--- REQUIRED ACTION ---
Repeat precisely the span of lines below that opens with the line containing "(e : Env) (ev" and closes with the line containing "IsSent d ep granted", both included.

--- INFORMATION GIVEN ---
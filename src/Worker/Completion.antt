-- ===== src/Worker/Completion.antt =====
-- `handleDelivery` from the message to the settled row, when no call fails
-- (backend/src/worker/handle-delivery.js).
use hook_tracker.Prelude.{
  ℕ, suc, ◌≡◌, refl, ◌∙◌, [], Option, none, some, Bool, true, false, Bool-cases, inl, inr, ◌⊎◌,
}
use hook_tracker.Retry.{Level, Failure, retry_schedule, classify_failure, retryable, permanent}
use hook_tracker.Status.{in_flight, failure_reason}
use hook_tracker.Store.{find_row, Delivery, Endpoint, Event, SendResult}
use hook_tracker.World.{World, ◌>>◌, pure, has_endpoint}
use hook_tracker.Exchange.{
  Env, Headers, retry_after_ms, classify_rejection, Rejection, Resolved, pinned, rejected, Outcome,
  unknown_delivery, already_finalised, endpoint_disabled, throttled, handled_ok, retrying_on,
  ssrf_blocked, failed, is_success, rejection_result,
}
use hook_tracker.Worker.Decision.{
  Decided, IsSent, IsTransient, result_of, requested_of, next_level, IsLast, next_retry_level-some,
  next_retry_level-none, is_success-IsSuccessful, is_success-not_IsSuccessful,
  classify_failure-IsTransient, classify_failure-not_IsTransient, classify_rejection-dns,
  classify_rejection-other,
}
use hook_tracker.Worker.{
  finalise_failure, next_retry_level, conclude, rejection_outcome, on_result, on_target,
}
use hook_tracker.Worker.Settled.{Returns, Settled, finalise_success-Returns}
use hook_tracker.Worker.Ends.{Returns-then, Attempted, retrying-Attempted, failing-Attempted}

module _ (e : Env) (id m : ℕ) (row d : Delivery) (ev : Event) (h : Headers) (w : World)
    (nf : w.faults ≡ []) (found : find_row id w.deliveries ≡ some row)
    (owner : has_endpoint d.endpoint_id w ≡ true)
    (default_schedule : e.schedule ≡ retry_schedule) where
  rejected_ends :
      (r : Rejection) (c : Failure)
      → classify_rejection r.reason ≡ c
      → (c ≡ permanent) ⊎ IsLast e.config.max_attempts (suc m)
      → Returns
          (finalise_failure e id d ev (suc m) (rejection_result r) (failure_reason c)
            >> pure (rejection_outcome e c))
          w
          (Attempted e ev h id (suc m) row (rejected r) w)
  unfolding rejection_outcome
  rejected_ends r permanent class end =
      failing-Attempted e id m row d ev h w nf found owner default_schedule (rejected r)
        (failure_reason permanent) ssrf_blocked (classify_rejection-other r.reason class)
        (λ w' p. p)
  rejected_ends r retryable class (inl never) = cc
  rejected_ends r retryable class (inr last) =
      failing-Attempted e id m row d ev h w nf found owner default_schedule (rejected r)
        (failure_reason retryable) failed
        ((λ never. never), (classify_rejection-dns r.reason class, last)) (λ w' p. p)

  rejected-Attempted :
      (r : Rejection) (level : Option Level)
      → next_retry_level e (classify_rejection r.reason) (suc m) none ≡ level
      → Returns
          (conclude e id d ev
            (suc m)
            (rejection_result r)
            (classify_rejection r.reason)
            (rejection_outcome e (classify_rejection r.reason))
            level)
          w
          (Attempted e ev h id (suc m) row (rejected r) w)
  unfolding conclude
  rejected-Attempted r none next =
      rejected_ends r (classify_rejection r.reason) refl
        (next_retry_level-none e (classify_rejection r.reason) m none default_schedule next)
  rejected-Attempted r (some level) next =
      let (again, below, within, chosen) =
        next_retry_level-some e (classify_rejection r.reason) m none level default_schedule next in
      retrying-Attempted e id m row d ev h w nf found owner default_schedule (rejected r) level
        chosen ((λ never. never), classify_rejection-dns r.reason again, below, within)

  spent :
      (status : Option ℕ)
      → (classify_failure status ≡ permanent) ⊎ IsLast e.config.max_attempts (suc m)
      → (¬ IsTransient status) ⊎ IsLast e.config.max_attempts (suc m)
  spent status (inl class) = inl (classify_failure-not_IsTransient status class)
  spent status (inr last) = inr last

  module _ (target : e.Target) where
    abbrev answer : SendResult
    answer = e.send target h ev.payload

    answered-Attempted :
        (level : Option Level)
        → is_success answer.response_status ≡ false
        → next_retry_level e
            (classify_failure answer.response_status)
            (suc m)
            (retry_after_ms e.answered_at answer.response_headers)
          ≡ level
        → Returns
            (conclude e id d ev
              (suc m)
              answer
              (classify_failure answer.response_status)
              failed
              level)
            w
            (Attempted e ev h id (suc m) row (pinned target) w)
    unfolding conclude
    answered-Attempted none bad next =
        failing-Attempted e id m row d ev h w nf found owner default_schedule (pinned target) _
          failed
          (
            is_success-not_IsSuccessful answer.response_status bad,
            spent answer.response_status (
                next_retry_level-none e _ m (requested_of e ev h (pinned target)) default_schedule
                  next),
          )
          (λ w' p. p)
    answered-Attempted (some level) bad next =
        let (again, below, within, chosen) =
          next_retry_level-some e _ m (requested_of e ev h (pinned target)) level default_schedule
            next in
        retrying-Attempted e id m row d ev h w nf found owner default_schedule (pinned target) level
          chosen
          (
            is_success-not_IsSuccessful answer.response_status bad,
            classify_failure-IsTransient answer.response_status again,
            below,
            within,
          )

    on_result-Attempted :
        Returns
          (on_result e id d ev (suc m) answer)
          w
          (Attempted e ev h id (suc m) row (pinned target) w)
    unfolding on_result
    on_result-Attempted = elim (Bool-cases (is_success answer.response_status)) [
      | inl ok ↦ rw ok (
          Returns-then (finalise_success-Returns e id (suc m) row d ev answer w nf found owner)
            (λ _ w' p. record {
              holds = (is_success-IsSuccessful answer.response_status ok, (p.0, p.1, p.2));
            }))
      | inr bad ↦ rw bad (answered-Attempted _ bad refl)
    ]

  pub on_target-Attempted :
      (ep : Endpoint) (t : Resolved e.Target)
      → e.build_headers id d ev ep (suc m) e.started_at ≡ some h
      → Returns (on_target e id d ev ep (suc m) t) w (Attempted e ev h id (suc m) row t w)
  unfolding on_target
  on_target-Attempted ep (rejected r) signed = rejected-Attempted r _ refl
  on_target-Attempted ep (pinned target) signed = rw signed (on_result-Attempted target)

-- The outcome of a message, for the reasons and with the effects that it says: `granted` is the
-- answer of the token bucket.
abbrev pub Handled :
    Env → Event → Headers → ℕ → ℕ → Delivery → Endpoint → Bool → World → Outcome → World → Type 0
Handled e ev h id n d ep granted w o w' =
    Decided e ev h n d ep granted o
    × Settled e id n d (result_of e ev h (e.resolve_target ep.url))
        (next_level e ev h n (e.resolve_target ep.url)) w o w'

-- Marking the row as in flight is not part of what the attempt leaves.
pub Attempted-Handled :
    (e : Env) (ev : Event) (h : Headers) (id n : ℕ) (d : Delivery) (ep : Endpoint) (granted : Bool)
    (o : Outcome) (w v w' : World)
    → v.attempts ≡ w.attempts
    → v.queue ≡ w.queue
    → IsSent d ep granted
    → Attempted e ev h id n (record d { status = in_flight }) (e.resolve_target ep.url) v o w'
    → Handled e ev h id n d ep granted w o w'
Attempted-Handled e ev h id n d ep granted unknown_delivery w v w' a q sent (why, s) = elim why [ ]
Attempted-Handled e ev h id n d ep granted already_finalised w v w' a q sent (why, s) = elim why [ ]
Attempted-Handled e ev h id n d ep granted endpoint_disabled w v w' a q sent (why, s) = elim why [ ]
Attempted-Handled e ev h id n d ep granted throttled w v w' a q sent (why, s) = elim why [ ]
Attempted-Handled e ev h id n d ep granted handled_ok w v w' a q sent (why, (row, one, same)) =
    ((sent, why), (row, rw (← a) one, same ∙ q))
Attempted-Handled e ev h id n d ep granted (retrying_on name) w v w' a q sent
      (why, (level, next, named, row, one, more)) =
    ((sent, why), (level, next, named, row, rw (← a) one, rw (← q) more))
Attempted-Handled e ev h id n d ep granted ssrf_blocked w v w' a q sent (why, (row, one, more)) =
    ((sent, why), (row, rw (← a) one, rw (← q) more))
Attempted-Handled e ev h id n d ep granted failed w v w' a q sent (why, (row, one, more)) =
    ((sent, why), (row, rw (← a) one, rw (← q) more))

--- SOLUTION FOR THIS TASK ---
    (e : Env) (ev : Event) (h : Headers) (id n : ℕ) (d : Delivery) (ep : Endpoint) (granted : Bool)
    (o : Outcome) (w v w' : World)
    → v.attempts ≡ w.attempts
    → v.queue ≡ w.queue
    → IsSent d ep granted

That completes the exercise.